*TASK DESCRIPTION*
A single number is needed: how many lines of the data below contain "device".

*PROVIDED DATA*
-- ===== src/Examples/Boot.antt =====
-- The image found, the root entered, the first steps of a boot, and a version copied.
use mathlib.Core.List.{foldl}
use edgi_os.Base.{
  Bytes, codes, ◌+◌, ◌*◌, [], ◌∷◌, ◌++◌, some, true, false, ◌≡◌, ◌≢◌, refl, arith, length,
  has_prefix, bytes_discrete,
}
use edgi_os.Base.Strings.{trim_space}
use edgi_os.Base.Paths.{clean, base, split_path}
use edgi_os.Os.World.{
  Error, errno, ok, err, World, file, link, M, pivoted, chrooted, moved_to, replaced,
}
use edgi_os.Os.Files.{update, follow, max_links}
use edgi_os.Os.Tree.{is_within, join_path}
use edgi_os.Enter.Host.{Host}
use edgi_os.Enter.Scan.{find_image}
use edgi_os.Enter.Scan.Laws.{joined}
use edgi_os.Enter.Scan.Image.{
  mark, find_image-reads, find_image-behind, find_image-first, find_image-missed,
}
use edgi_os.Enter.Run.{switch_root}
use edgi_os.Enter.Run.Laws.{Cleared, switch_root-replaced}
use edgi_os.Rc.Calls.{Kernel}
use edgi_os.Rc.Steps.{rc, do_hostname}
use edgi_os.Rc.Steps.Laws.{steps, rc-completes}
use edgi_os.Rc.Steps.Name.{Named, do_hostname-Named}
use edgi_os.Component.{Places, copy_version, current_temp, temp_place}
use edgi_os.Component.Apart.{chosen}
use edgi_os.Component.Laws.{copy_version-current}
use edgi_os.Upgrade.{Options, upgrade}
use edgi_os.Upgrade.Laws.{upgrade-locked}
use edgi_os.Examples.{machine, standing}

find_image-reads_example :
    find_image (ok (codes "ab_sq") ∷ ok (codes "magic_x") ∷ [])
    ≡ find_image (ok (codes "ab_sqmag") ∷ ok (codes "ic_x") ∷ [])
unfolding joined
find_image-reads_example =
    find_image-reads (codes "ab_sq" ∷ codes "magic_x" ∷ []) (codes "ab_sqmag" ∷ codes "ic_x" ∷ [])
      refl

found-at : find_image (ok (codes "ab_sq") ∷ ok (codes "magic_x") ∷ []) ≡ ok 11
unfolding find_image
found-at = refl

find_image-behind_example :
    (start : Bytes) × (after : Bytes) × (joined (codes "ab_sq" ∷ codes "magic_x" ∷ [])
      ≡ start ++ (mark ++ after))
    × (11 ≡ length (start ++ mark))
find_image-behind_example = find_image-behind (codes "ab_sq" ∷ codes "magic_x" ∷ []) 11 found-at

find_image-first_example :
    find_image (ok (codes "ab_sq") ∷ ok (codes "magic_x") ∷ []) ≡ ok (length (codes "ab" ++ mark))
unfolding joined
find_image-first_example =
    find_image-first (codes "ab_sq" ∷ codes "magic_x" ∷ []) (codes "ab") (codes "x") refl
      (ground arith, (ground arith, tt))

find_image-missed_example : (e : Error) × (find_image (ok (codes "a__sqmagic_x") ∷ []) ≡ err e)
unfolding joined
find_image-missed_example =
    find_image-missed (codes "a__sqmagic_x" ∷ []) (codes "a") (codes "x") refl (ground arith, tt)
      (ground arith, tt)

-- A machine that mounts what it is asked to.
abbrev pub host : Host
host = record {
  mounted = λ path w. (ok true, w);
  mount = λ source target fstype options w. (ok tt, w);
  force_mount = λ source target fstype options w. (ok tt, w);
  attach = λ path offset w. (ok (codes "/dev/loop0"), w);
  detach = λ device w. (ok tt, w);
  flags = λ device w. (ok 1, w);
  set_flags = λ device flags w. (ok tt, w);
  auto_clear = 4;
  set_limit = λ resource cur max w. (ok tt, w);
  read_dir = λ path w. (ok [], w);
  self = codes "/edgi";
  reads = [];
  program = codes "/init";
  arguments = [];
  pid = 1;
}

abbrev pub disk : World
disk = record machine {
  files = standing (
      (codes "./edgi/data/usr/init", file 0o755 [])
      ∷ (codes "edgi/data/usr/init", file 0o755 [])
      ∷ (codes "/sys/class/net/eth0/address", file 0o444 (codes "02:42\n"))
      ∷ (codes "/edgi/system/k3s/current", link (codes "v1"))
      ∷ (codes "/run/lock", file 0o644 [])
      ∷ []);
}

init-there : disk.files (clean (codes "./edgi/data") ++ codes "/usr/init") ≡ some (file 0o755 [])
unfolding clean bytes_discrete
init-there = refl

switch_root-replaced_example :
    let (r, w') = switch_root host (codes "./edgi/data") disk in
    (r ≡ ok tt)
    × ((env : Bytes → Bytes) × (w'.trace
          ≡ pivoted (codes ".") (codes ".base")
            ∷ chrooted (codes "/")
            ∷ moved_to (codes "/")
            ∷ replaced (codes "/usr/init") (codes "/init" ∷ []) env
            ∷ [])
        × Cleared disk.env env)
switch_root-replaced_example =
    switch_root-replaced host (codes "./edgi/data") [] 0o755 disk refl (λ v. refl) init-there

abbrev kernel : Kernel
kernel = record {
  mkdev = λ major minor. major * 256 + minor;
  read_dir = λ path w. (ok (codes "usb1" ∷ []), w);
  glob = λ pattern w. (err (errno 2), w);
}

rc-completes_example : rc kernel disk ≡ (ok tt, foldl (λ v step. (step v).1) disk (steps kernel))
rc-completes_example = rc-completes kernel disk

address-there :
    disk.files (codes "/sys/class/net/eth0/address") ≡ some (file 0o444 (codes "02:42\n"))
unfolding bytes_discrete
address-there = refl

address-ne : trim_space (codes "02:42\n") ≢ []
unfolding trim_space
address-ne e = cc

do_hostname-Named_example : Named (do_hostname disk).1
do_hostname-Named_example =
    do_hostname-Named disk 0o444 (codes "02:42\n") refl address-there address-ne

-- A copying library for single files and links.
abbrev pub copy_node : Bytes → Bytes → M (Unit {0})
copy_node a b w = (ok tt, record w { files = update w.files b (w.files a) })

abbrev pub mount_nothing : Bytes → Bytes → Bytes → Bytes → M (Unit {0})
mount_nothing source target fstype options w = (ok tt, w)

copy_node-kept :
    (a b q : Bytes) (w : World) → is_within b q ≡ false → (copy_node a b w).1.files q ≡ w.files q
unfolding bytes_discrete
copy_node-kept a b q w n = ground arith

abbrev version : Places
version = record {
  source = codes "/media/k3s/v2";
  target = codes "/edgi/system/k3s/v2";
  previous = codes "/edgi/system/k3s/previous";
  current = codes "/edgi/system/k3s/current";
}

temp-apart : has_prefix (current_temp version) (temp_place version) ≡ false
unfolding has_prefix split_path join_path
temp-apart = refl

copy_version-current_example :
    let (r, w') = copy_version copy_node mount_nothing version 0o755 disk in
    w'.files (codes "/edgi/system/k3s/current")
    ≡ some (link (chosen (codes "v1") (base version.target) r))
unfolding has_prefix bytes_discrete
copy_version-current_example =
    copy_version-current copy_node mount_nothing copy_node-kept version 0o755 (codes "v1") disk refl
      refl temp-apart refl

abbrev pub all_options : Options
all_options = record {
  edgi = true;
  k3s = true;
  kernel = false;
  rootfs = true;
  remount = true;
  sync = true;
  reboot = true;
  source = codes "/media";
  destination = codes "/edgi/system";
  lock_file = codes "/run/lock";
}

abbrev pub held : Bytes → M (Unit {0})
held p w = (err (errno 11), w)

lock-elsewhere :
    follow max_links disk.files all_options.lock_file ≢ some (codes "/edgi/system/k3s/current")
unfolding follow bytes_discrete
lock-elsewhere e = cc

upgrade-locked_example :
    let (r, w') =
      upgrade copy_node mount_nothing held held (λ name w. (ok name, w)) all_options disk in
    ((x : Error) × (r ≡ err x))
    × (w'.files (codes "/edgi/system/k3s/current") ≡ disk.files (codes "/edgi/system/k3s/current"))
    × (w'.trace ≡ disk.trace)
upgrade-locked_example =
    upgrade-locked copy_node mount_nothing held held (λ name w. (ok name, w)) (errno 11) all_options
      disk (λ v. refl) (codes "/edgi/system/k3s/current") lock-elsewhere
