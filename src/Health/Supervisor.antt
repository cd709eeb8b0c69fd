-- ===== src/Health/Supervisor.antt =====
-- internal/health/supervisor.go: what one check does to the supervisor, under its mutex, and the event
-- that it publishes. Logs are left out; the bus is there.
pub mod Episodes
use cloudhost_firewall_autou.Common.{
  Bool, true, false, not, ◌&&◌, Option, none, some, List, [], ◌∷◌, if◌then◌else◌,
}
use cloudhost_firewall_autou.Health.Checker.{Reason, Result}

pub record Supervisor : Type 0 where
  pub was_unhealthy : Bool
  pub published : Bool
  pub last_reasons : List Reason

abbrev pub new_supervisor : Supervisor
new_supervisor = record { was_unhealthy = false; published = false; last_reasons = [] }

abbrev pub healthy_again : Supervisor
healthy_again = record { was_unhealthy = false; published = false; last_reasons = [] }

-- The supervisor in an unhealthy check, before it decides whether to publish.
abbrev pub unhealthy_with : List Reason → Supervisor → Supervisor
unhealthy_with reasons s = record {
  was_unhealthy = true;
  published = if s.was_unhealthy then s.published else false;
  last_reasons = reasons;
}

abbrev pub publish_if : Bool → Result → Supervisor → Supervisor × Option Result
publish_if true res s = (record s { published = true }, some res)
publish_if false res s = (s, none)

-- The published event carries the result.
unfoldable pub check : Supervisor → Result → Bool → Supervisor × Option Result
check s res trigger =
    let t = unhealthy_with res.reasons s in
    if res.healthy then (healthy_again, none) else publish_if (trigger && not t.published) res t
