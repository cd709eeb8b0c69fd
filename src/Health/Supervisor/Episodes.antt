-- ===== src/Health/Supervisor/Episodes.antt =====
-- The supervisor publishes once in a row of unhealthy checks.
use cloudhost_firewall_autou.Common.{
  ◌≡◌, refl, Bool, false, not, ◌&&◌, ◌||◌, none, some, List, [], ◌∷◌, foldl, if◌then◌else◌, arith,
}
use cloudhost_firewall_autou.Health.Checker.{Result}
use cloudhost_firewall_autou.Health.Supervisor

-- A check: its result, and whether the trigger was enabled.
pub record Check : Type 0 where
  pub result : Result
  pub trigger : Bool

abbrev pub after : Supervisor.Supervisor → Check → Supervisor.Supervisor
after s c = (Supervisor.check s c.result c.trigger).0

-- Whether some check since the last healthy one, with `fired` before, had the trigger enabled.
abbrev pub fire : Bool → Check → Bool
fire fired c = if c.result.healthy then false else fired || c.trigger

abbrev pub fired_since : List Check → Bool
fired_since cs = foldl fire false cs

-- Whether the last check was unhealthy.
abbrev pub ill : Bool → Check → Bool
ill b c = not c.result.healthy

record Inv (s : Supervisor.Supervisor) (fired : Bool) : Type 0 where
  marked : (s.was_unhealthy && s.published) ≡ fired

check-Inv :
    (s : Supervisor.Supervisor) (fired : Bool) (c : Check)
    → Inv s fired
    → Inv (after s c) (fire fired c)
unfolding Supervisor.check
check-Inv s fired c inv = record { marked = ground (arith, inv.marked) }

run-Inv :
    (cs : List Check) (s : Supervisor.Supervisor) (fired : Bool)
    → Inv s fired
    → Inv (foldl after s cs) (foldl fire fired cs)
run-Inv [] s fired inv = inv
run-Inv (c ∷ cs) s fired inv = run-Inv cs (after s c) (fire fired c) (check-Inv s fired c inv)

check_publishes :
    (s : Supervisor.Supervisor) (fired : Bool) (c : Check)
    → Inv s fired
    → (Supervisor.check s c.result c.trigger).1
      ≡ (if not c.result.healthy && (c.trigger && not fired) then some c.result else none)
unfolding Supervisor.check
check_publishes s fired c inv = ground (arith, inv.marked)

-- After any checks of a new supervisor, the next check publishes its result exactly if it is
-- unhealthy, the trigger is enabled, and no check since the last healthy one had the trigger enabled.
pub publish_exact :
    (cs : List Check) (c : Check)
    → (Supervisor.check (foldl after Supervisor.new_supervisor cs) c.result c.trigger).1 ≡ (
        if not c.result.healthy && (c.trigger && not (fired_since cs)) then some c.result else none)
publish_exact cs c =
    check_publishes (foldl after Supervisor.new_supervisor cs) (fired_since cs) c
      (run-Inv cs Supervisor.new_supervisor false (record { marked = refl }))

*OUTPUT FOR THIS TASK*
3